Thank you! I see now, there is some subtle ethical problem with the title of the thread... But I don't know how to change it. 
It should rather go like "contemporary composers\music you like".


----------



## Mahlerian (Nov 27, 2012)

aleazk said:


> Adding to Mahlerian's post:
> Ligeti - Hamburg Concerto (1998-2003); Síppal, dobbal, nádihegedűvel (2000); Violin Concerto (1993)
> Unsuk Chin - Cello Concerto (2009, I think)
> Boulez - Sur Incises (1996-1998)
> Elliott Carter - Flute Concerto (2008); Two Thoughts about the Piano (2005-2006)


I emphatically second each and every one of these picks. Carter's Cello Concerto is also worth a listen (or many).


----------



## aleazk (Sep 30, 2011)

RussianIvan said:


> Thank you! I see now, there is some subtle ethical problem with the title of the thread... But I don't know how to change it.
> It should rather go like "contemporary composers\music you like".

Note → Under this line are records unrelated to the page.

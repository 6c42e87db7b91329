-- ===== src/Propagation/Percent.antt =====
-- percentDecode, percentEncode and hexNibble.
use go_collector.Base.{
  ℕ, ◌+◌, ◌-◌, ◌*◌, ◌/◌, ◌%◌, ◌<◌, Bool, false, ◌||◌, [], ◌∷◌, ◌++◌, ◌≡◌, refl, ap, ◌∙◌, Option,
  none, some, arith, ltb, ◌==◌, within, if◌then◌else◌, All, Bool-cases, Option-cases, inl, inr,
}
use go_collector.Base.Bytes.{Bytes, is_empty}

abbrev pub hex_nibble : ℕ → Option ℕ
hex_nibble c =
    if within b'0' b'9' c
    then some (c - b'0')
    else if within b'a' b'f' c
    then some (c - b'a' + 10)
    else if within b'A' b'F' c
    then some (c - b'A' + 10)
    else none

-- hi<<4|lo of two nibbles
abbrev pub nibbles : Option ℕ → Option ℕ → Option ℕ
nibbles (some hi) (some lo) = some (hi * 16 + lo)
nibbles _ _ = none

-- The byte that `c`, `h` and `l` escape.
abbrev pub escaped : ℕ → ℕ → ℕ → Option ℕ
escaped c h l = if c == b'%' then nibbles (hex_nibble h) (hex_nibble l) else none

unfoldable pub percent_decode_from : Bytes → Bytes
percent_decode_from (c ∷ h ∷ l ∷ rest) = elim (escaped c h l) [
  | some b ↦ b ∷ percent_decode_from rest
  | none ↦ c ∷ percent_decode_from (h ∷ l ∷ rest)
]
percent_decode_from s = s

abbrev pub contains_byte : ℕ → Bytes → Bool
contains_byte b [] = false
contains_byte b (c ∷ s) = c == b || contains_byte b s

unfoldable pub percent_decode : Bytes → Bytes
unfolding percent_decode_from
percent_decode value = if contains_byte b'%' value then percent_decode_from value else value

abbrev pub unreserved : ℕ → Bool
unreserved c =
    within b'a' b'z' c
    || within b'A' b'Z' c
    || within b'0' b'9' c
    || c == b'-'
    || c == b'_'
    || c == b'.'
    || c == b'~'

-- hex[n] of "0123456789ABCDEF"
abbrev pub upper_hex : ℕ → ℕ
upper_hex n = if ltb n 10 then b'0' + n else b'A' + (n - 10)

abbrev pub encoded_byte : ℕ → Bytes
encoded_byte c =
    if unreserved c then c ∷ [] else b'%' ∷ upper_hex (c / 16) ∷ upper_hex (c % 16) ∷ []

unfoldable pub percent_encode : Bytes → Bytes
percent_encode [] = []
percent_encode (c ∷ s) = encoded_byte c ++ percent_encode s

hex_nibble-upper_hex : (n : ℕ) → n < 16 → hex_nibble (upper_hex n) ≡ some n
hex_nibble-upper_hex n h = ground arith

escaped-byte : (c : ℕ) → c < 256 → escaped b'%' (upper_hex (c / 16)) (upper_hex (c % 16)) ≡ some c
escaped-byte c h =
    rw (hex_nibble-upper_hex (c / 16) (omega arith), hex_nibble-upper_hex (c % 16) (omega arith))
      (ap some (omega arith))

-- A byte that is no `%` stays in front of what is decoded behind it.
decode_from_plain :
    (c : ℕ) (s : Bytes)
    → (c == b'%') ≡ false
    → percent_decode_from (c ∷ s) ≡ c ∷ percent_decode_from s
unfolding percent_decode_from
decode_from_plain c [] h = refl
decode_from_plain c (d ∷ []) h = refl
decode_from_plain c (d ∷ e ∷ s) h = rw (percent_decode_from, h) refl

decode_from-encode : (s : Bytes) → All (λ c. c < 256) s → percent_decode_from (percent_encode s) ≡ s
unfolding percent_encode percent_decode_from
decode_from-encode [] h = refl
decode_from-encode (c ∷ s) h = elim (Bool-cases (unreserved c)) [
  | inl plain ↦ rw plain (
      decode_from_plain c (percent_encode s) (ground arith) ∙ ap (◌∷◌ c) (decode_from-encode s h.1))
  | inr escape ↦
      rw (escape, percent_decode_from, escaped-byte c h.0) (ap (◌∷◌ c) (decode_from-encode s h.1))
]

decode_from_free : (s : Bytes) → contains_byte b'%' s ≡ false → percent_decode_from s ≡ s
unfolding percent_decode_from
decode_from_free [] h = refl
decode_from_free (c ∷ s) h =
    decode_from_plain c s (ground arith) ∙ ap (◌∷◌ c) (decode_from_free s (ground arith))

percent_decode-from : (s : Bytes) → percent_decode s ≡ percent_decode_from s
unfolding percent_decode
percent_decode-from s = elim (Bool-cases (contains_byte b'%' s)) [
  | inl some_escape ↦ rw some_escape refl
  | inr free ↦ rw (free, decode_from_free s free) refl
]

-- Decoding what percentEncode wrote gives back every text, whatever its bytes.
pub percent_decode-percent_encode :
    (s : Bytes) → All (λ c. c < 256) s → percent_decode (percent_encode s) ≡ s
percent_decode-percent_encode s h = percent_decode-from (percent_encode s) ∙ decode_from-encode s h

escaped-lt : (c h l b : ℕ) → escaped c h l ≡ some b → b < 256
escaped-lt c h l b e = ground arith

-- What is decoded of bytes is bytes.
All-decode_from : (s : Bytes) → All (λ c. c < 256) s → All (λ c. c < 256) (percent_decode_from s)
unfolding percent_decode_from
All-decode_from [] h = tt
All-decode_from (c ∷ []) h = h
All-decode_from (c ∷ d ∷ []) h = h
All-decode_from (c ∷ d ∷ l ∷ s) h = elim (Option-cases (escaped c d l)) [
  | inl plain ↦ rw (percent_decode_from, plain) (h.0, All-decode_from (d ∷ l ∷ s) h.1)
  | inr (b, e) ↦ rw (percent_decode_from, e) (escaped-lt c d l b e, All-decode_from s h.1.1.1)
]

pub All-percent_decode : (s : Bytes) → All (λ c. c < 256) s → All (λ c. c < 256) (percent_decode s)
All-percent_decode s h = rw (percent_decode-from s) (All-decode_from s h)

decode_from-is_empty : (s : Bytes) → is_empty (percent_decode_from s) ≡ is_empty s
unfolding percent_decode_from
decode_from-is_empty [] = refl
decode_from-is_empty (c ∷ []) = refl
decode_from-is_empty (c ∷ d ∷ []) = refl
decode_from-is_empty (c ∷ d ∷ l ∷ s) = elim (Option-cases (escaped c d l)) [
  | inl plain ↦ rw (percent_decode_from, plain) refl
  | inr (b, e) ↦ rw (percent_decode_from, e) refl
]

pub percent_decode-is_empty : (s : Bytes) → is_empty (percent_decode s) ≡ is_empty s
percent_decode-is_empty s = rw (percent_decode-from s) (decode_from-is_empty s)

Indeed, that would have been a more suitable title.
...but, knowing some guy, I think he also will find an objection to that one.


----------



## korenbloem (Nov 5, 2012)

DrKilroy said:


> You might also enjoy some of John Adams' compositions. Most of his works are not older than 30 years, actually.
> 
> Best regards, Dr


I really loved this cd:









Other great cd's from different composers:
































(Feldman - Crippled Symmetry: At June in Buffalo)


----------



## PetrB (Feb 28, 2012)

Already said: crazy tall order -- here are but four... each of which I think "gorgeous."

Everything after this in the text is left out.